That turning feeling in your stomach? It is moral revulsion. I feel it, too, and I am outraged.

U.S. taxpayers provide Planned Parenthood with $540 million every year, which implicates me directly with this system. I decided that it is time for me to more forcefully and publicly declare my opposition to it. I refuse to be associated with this atrocity. This situation has moved me from being a concerned and motivated voter to an activist.

I immediately wrote my senator and asked him to support the Pain-Capable Unborn Child Protection Act (S. 1553) currently in front of Congress, but felt motivated to respond in other ways. In 50 years, when my grandchildren look back at the early years of this century and wonder how abortion was ever tolerated, I want them to know that I was a decent person.
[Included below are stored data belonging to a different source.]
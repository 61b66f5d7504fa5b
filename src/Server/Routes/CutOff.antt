-- ===== src/Server/Routes/CutOff.antt =====
-- A read that ends within the URI of a request.
use cs_3_boost_echo_static_s.Base.{
  ℕ, ◌≡◌, ◌↔◌, true, Option, List, ◌∷◌, ◌++◌, Bytes, all, arith, [], refl,
}
use cs_3_boost_echo_static_s.Base.Dict.{Dict}
use cs_3_boost_echo_static_s.RequestParser.Grammar.{RequestText, IsRequest}
use cs_3_boost_echo_static_s.RequestParser.Interface.{HttpRequestParser}
use cs_3_boost_echo_static_s.RequestParser.Runs.{is_uri_char}
use cs_3_boost_echo_static_s.RequestParser.Uri.Cut.{uri_of_cut}
use cs_3_boost_echo_static_s.Response.{Buffer}
use cs_3_boost_echo_static_s.Response.Wire.{gather}
use cs_3_boost_echo_static_s.Server.Routes.{Route, Answers, Represents}
use cs_3_boost_echo_static_s.Server.Routes.Refines.{session-Answers}
use cs_3_boost_echo_static_s.Server.Session.{dangling, session}
use cs_3_boost_echo_static_s.Server.Session.Answers.{received}

all_front : (pre post : Bytes) → all is_uri_char (pre ++ post) ≡ true → all is_uri_char pre ≡ true
all_front [] post h = refl
all_front (c ∷ pre) post h = ground (arith, all_front pre post)

-- If the one read of a session does not fail, and ends within the URI of a well-formed request, then what
-- was read of the URI is handled as if it were the whole: `write` is given buffers of which some show
-- storage that is gone, so that the write is undefined, and which showed, when they were made, what the
-- routes give for that part of the URI, and no other bytes would do.
pub session_cut :
    (lexical_cast : ℕ → Bytes) (open_file : Bytes → Option Bytes) (parser : HttpRequestParser)
    (handlers : List Dict) (routes : List Route) (t : RequestText) (pre post : Bytes)
    → Represents handlers routes
    → IsRequest t
    → t.uri ≡ pre ++ post
    → (buffers : List Buffer) × (session lexical_cast open_file parser handlers
          (received (t.method ++ b' ' ∷ pre))
        ≡ dangling buffers)
      × ((wire : Bytes)
          → Answers lexical_cast open_file routes pre (t.method ++ b' ' ∷ pre) wire
            ↔ (wire ≡ gather buffers))
session_cut lexical_cast open_file parser handlers routes t pre post h k e =
    let plain = all_front pre post (rw e at k.uri_plain) in
    rw (uri_of_cut t.method pre k.method_ne_nil k.method_word plain) at
      (session-Answers lexical_cast open_file parser handlers routes (t.method ++ b' ' ∷ pre) h)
So, I joined the local #WomenBetrayed rally on July 28 (it was one of more than 60 nation-wide), and I invited Oscar to participate. At 14, he will be a freshman in high school this fall, and I thought this was a good opportunity to expose him to active citizenship and public ethical discourse, and to prompt him to begin making his own moral judgments.

I shared with him the videos in question, as well as some commentary (including the response from Planned Parenthood’s president). I invited him to think about the situation and how he might respond, if at all. Then we started having a conversation.

He explained that he didn’t think that protests did much good because they only voiced positions that are already known—they rarely gather enough participants to effect change.

I suggested that he could channel his response in another way—through advocacy or volunteering at our local women’s pregnancy center. I also explained my own reasoning for publicly protesting in this issue. I said that I am of course invested in changing the system, but my participation in the demonstration also has to do with the value of the protest itself as an act of witness and identity. I told him that I wanted to be counted among those who stood for what is right, who opposed the obvious evil in our midst.

I gave him more time to think about it, and told him he was welcome to join me, that I’d like to have him come, but he should make his own decision.

And without prodding or pressure, he did—he decided to accompany me on the protest. So, we dressed up—if we were taking a public stand, we wanted to be taken seriously—and we prepared statements to explain ourselves in case anyone asked us why we were participating.

His statement actually deepened my own activism—he said that he opposed Planned Parenthood because they were desecrating the bodies of the deceased. In effect, our witness is a work of mercy: to bury the dead. I had never considered the abortion issue in this light before.

I was proud of him, and I was proud to stand for life with him. Together, we will stand on the right side of history.